Supervisors

Supervisor trees provide fault tolerance by monitoring child processes and restarting them when they crash. This is the Erlang/OTP supervision pattern adapted for Maggie's Smalltalk syntax.

A supervisor manages a set of child processes according to a restart strategy. When a child dies, the supervisor decides which children to restart based on the strategy and the child's restart policy.

Child Specifications

A ChildSpec defines how to start a child, when to restart it, and how long to wait for graceful shutdown.

Example
"Minimal spec: permanent restart, 5s shutdown timeout"
spec := ChildSpec id: 'worker' start: [Worker new run].

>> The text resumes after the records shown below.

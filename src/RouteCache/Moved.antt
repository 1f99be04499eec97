-- ===== src/RouteCache/Moved.antt =====
-- A route whose brokers have moved: `updateRouteCache` of ClientImpl.cpp compares brokers by name alone.
use rocketmq_client_cpp.Prelude.{◌≡◌, refl, true, none, some, List, [], ◌∷◌, map, arith}
use rocketmq_client_cpp.Prelude.Text.{Text, text_eq_refl}
use rocketmq_client_cpp.Prelude.Table.{lookup}
use rocketmq_client_cpp.Route.{Partition, ServiceAddress, partition_eq, route_eq}
use rocketmq_client_cpp.RouteCache.{Client, update_route_cache}

-- The same partition with its broker, of another address and another identifier.
abbrev pub moved : (Partition → ServiceAddress) → Partition → Partition
moved address p = record p { broker = record (p.broker) { service_address = address p } }

partition_eq-moved :
    (address : Partition → ServiceAddress) (p : Partition) → partition_eq p (moved address p) ≡ true
unfolding partition_eq
partition_eq-moved address p = ground (
  arith,
  text_eq_refl p.topic.resource_namespace,
  text_eq_refl p.topic.name,
  text_eq_refl p.broker.name,
)

route_eq-moved :
    (address : Partition → ServiceAddress) (route : List Partition)
    → route_eq route (map (moved address) route) ≡ true
unfolding route_eq
route_eq-moved address [] = refl
route_eq-moved address (p ∷ route) =
    rw (partition_eq-moved address p) (route_eq-moved address route)

-- A route whose partitions are those of the cached one, with the brokers at any other addresses, does
-- not change the cache.
update_route_cache-moved :
    (address : Partition → ServiceAddress) (topic : Text) (route : List Partition) (c : Client)
    → lookup topic c.topic_route_table ≡ some route
    → update_route_cache topic none (some (map (moved address) route)) c ≡ c
unfolding update_route_cache
update_route_cache-moved address topic [] c e = refl
update_route_cache-moved address topic (p ∷ route) c e =
    rw (e, route_eq-moved address (p ∷ route)) refl
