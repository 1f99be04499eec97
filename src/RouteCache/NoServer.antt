-- ===== src/RouteCache/NoServer.antt =====
-- ClientImpl.cpp for a client that no name server is known to.
use rocketmq_client_cpp.Prelude.{
  ℕ, ◌≡◌, refl, ap, ◌∙◌, sym, subst, true, false, Bool, Option, none, some, List, [], ◌∷◌, ◌++◌,
  is_some, arith,
}
use rocketmq_client_cpp.Prelude.Text.{Text, text_eq_refl}
use rocketmq_client_cpp.Prelude.Table.{lookup-insert_or_assign}
use rocketmq_client_cpp.RouteCache.{Client, Effect, register, register_for, join, fetch_route_for}
use rocketmq_client_cpp.RouteCache.Coalesce.{Missing, waiting}

-- Lookups of one topic one after another, each with whether a name server is known then.
unfoldable pub lookups : Text → List (Bool × ℕ) → Client → List Effect
lookups t [] c = []
lookups t ((has, cb) ∷ later) c =
    let (c', effects) = register has t cb c in effects ++ lookups t later c'

-- A topic that somebody waits for and the table does not have.
record Parked (t : Text) (c : Client) : Type 0 where
  absent : Missing t c
  parked : is_some (waiting t c) ≡ true

join-parks :
    (has : Bool) (t : Text) (cb : ℕ) (c : Client) (o : Option (List ℕ))
    → Missing t c
    → Parked t (join has t cb c o).0
unfolding join
join-parks has t cb c none m = record {
  absent = m;
  parked =
      ground
        (arith, lookup-insert_or_assign t t (cb ∷ []) c.inflight_route_requests, text_eq_refl t);
}
join-parks has t cb c (some cbs) m = record {
  absent = m;
  parked = ground (
    arith,
    lookup-insert_or_assign t t (cbs ++ cb ∷ []) c.inflight_route_requests,
    text_eq_refl t,
  );
}

register-joins :
    (has : Bool) (t : Text) (cb : ℕ) (c : Client)
    → Missing t c
    → register has t cb c ≡ join has t cb c (waiting t c)
unfolding register register_for
register-joins has t cb c m = ap (register_for has t cb c) m

join-silent :
    (has : Bool) (t : Text) (cb : ℕ) (c : Client) (o : Option (List ℕ))
    → is_some o ≡ true
    → (join has t cb c o).1 ≡ []
unfolding join
join-silent has t cb c none h = absurd cc
join-silent has t cb c (some cbs) h = refl

lookups-silent :
    (t : Text) (later : List (Bool × ℕ)) (c : Client) → Parked t c → lookups t later c ≡ []
unfolding lookups
lookups-silent t [] c p = refl
lookups-silent t ((has, cb) ∷ later) c p =
    let joins = register-joins has t cb c p.absent in
    let next : Parked t (register has t cb c).0 =
      subst (λ r. Parked t r.0) (sym joins) (join-parks has t cb c (waiting t c) p.absent) in
    ap (λ r. r.1 ++ lookups t later (register has t cb c).0) joins
    ∙ (ap (λ es. es ++ lookups t later (register has t cb c).0)
          (join-silent has t cb c (waiting t c) p.parked)
        ∙ lookups-silent t later (register has t cb c).0 next)

-- Of a topic that is not in the table and that nobody waits for: after a first lookup without a name
-- server, neither it nor any later lookups of the topic, even those that know a name server, call a
-- callback or send a request, one after another.
no_server-parks_all :
    (t : Text) (cb : ℕ) (later : List (Bool × ℕ)) (c : Client)
    → Missing t c
    → waiting t c ≡ none
    → lookups t ((false, cb) ∷ later) c ≡ []
unfolding lookups
no_server-parks_all t cb later c m w =
    let joins = register-joins false t cb c m in
    let next : Parked t (register false t cb c).0 =
      subst (λ r. Parked t r.0) (sym joins) (join-parks false t cb c (waiting t c) m) in
    ap (λ r. r.1 ++ lookups t later (register false t cb c).0) (joins ∙ ap (join false t cb c) w)
    ∙ unfold join fetch_route_for in lookups-silent t later (register false t cb c).0 next
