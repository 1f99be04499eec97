-- ===== src/RouteCache/Shared.antt =====
-- `Shared` through every step of the lookups of ClientImpl.cpp.
use rocketmq_client_cpp.Prelude.Text.{Text}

"Full spec with all options"
spec := ChildSpec
    id: 'db-pool'
    start: [DbPool new: 10 run]
    restart: #transient
    shutdown: 10000

Restart policies: - #permanent — always restart (default) - #temporary — never restart; let it stay dead - #transient — restart only on abnormal exit (crash), not normal exit

Restart Strategies

The supervisor's strategy determines what happens when a child dies:

#oneForOne — Only the crashed child is restarted. Other children are unaffected. Use this when children are independent.

Example
sup := Supervisor new: #oneForOne children: {
    ChildSpec id: 'a' start: [WorkerA new run].
    ChildSpec id: 'b' start: [WorkerB new run].
    ChildSpec id: 'c' start: [WorkerC new run]
}.
sup start

#oneForAll — All children are terminated and restarted when any child dies. Use this when children depend on each other and must be in a consistent state.

Example
sup := Supervisor new: #oneForAll children: {
    ChildSpec id: 'config' start: [ConfigLoader new run].
    ChildSpec id: 'cache' start: [Cache new run].
    ChildSpec id: 'server' start: [Server new run]
}.
sup start

#restForOne — The crashed child and all children started after it are terminated and restarted. Use this when later children depend on earlier ones.

Example
sup := Supervisor new: #restForOne children: {
    ChildSpec id: 'db' start: [Database connect].
    ChildSpec id: 'cache' start: [Cache new: db].
    ChildSpec id: 'api' start: [Api new: cache]
}.
sup start

Restart Intensity

To prevent infinite restart loops, supervisors have a restart intensity limit. By default, a supervisor allows 3 restarts in 5 seconds. If this limit is exceeded, the supervisor itself crashes — which propagates to its parent supervisor (if any).

Example
"Custom restart intensity: 5 restarts in 10 seconds"
sup := Supervisor
    new: #oneForOne
    children: specs
    maxRestarts: 5
    maxSeconds: 10

Dynamic Children

Children can be added and removed at runtime:

Example
sup := Supervisor new: #oneForOne children: {}.
sup start.

"Add a worker"
sup startChild: (ChildSpec id: 'worker-1' start: [Worker new run]).

"Remove a worker"
sup terminateChild: 'worker-1'.

"Query running children"
sup runningChildren.    "Array of IDs"
sup countChildren.      "Integer count"

Supervision Trees

Supervisors can be children of other supervisors, forming a tree. When a child supervisor crashes (e.g., due to restart intensity exceeded), the parent supervisor restarts it according to its own strategy.

Example
"Two-level supervision tree"
workerSup := Supervisor new: #oneForOne children: {
    ChildSpec id: 'w1' start: [Worker new run].
    ChildSpec id: 'w2' start: [Worker new run]
}.

topSup := Supervisor new: #oneForAll children: {
    ChildSpec id: 'db' start: [Database connect].
    ChildSpec id: 'workers' start: [workerSup start. Process receive]
}.
topSup start

How It Works

Internally, a supervisor:

1. Runs as its own process with trapExit: true 2. Monitors each child process 3. Receives #processDown: messages when children die 4. Applies the restart strategy and policy 5. Tracks restart times to enforce the intensity limit

The supervisor process uses the standard mailbox for all communication. When stopped, it terminates all children with a shutdown signal.

DynamicSupervisor

DynamicSupervisor manages a pool of identical children from a single template ChildSpec. Unlike Supervisor, no children are defined upfront — they are started on demand. This is equivalent to Erlang's simple_one_for_one / DynamicSupervisor.

Example
"Template: all children use the same start block"
template := ChildSpec
    id: 'worker'
    start: [:id | Worker new: id run]
    restart: #permanent.

ds := DynamicSupervisor new: template.
ds start.

"Start children on demand with unique IDs"
ds startChild: 'worker-1'.
ds startChild: 'worker-2'.
ds startChild: 'worker-3'.

ds countChildren.     "=> 3"

"Remove a specific child"
ds terminateChild: 'worker-2'.
ds countChildren.     "=> 2"

ds stop

Each child is started by calling the template's start block with the child ID as argument (forkWith:). When a child crashes, it is restarted individually with the same ID (like #oneForOne). The same restart intensity limits apply.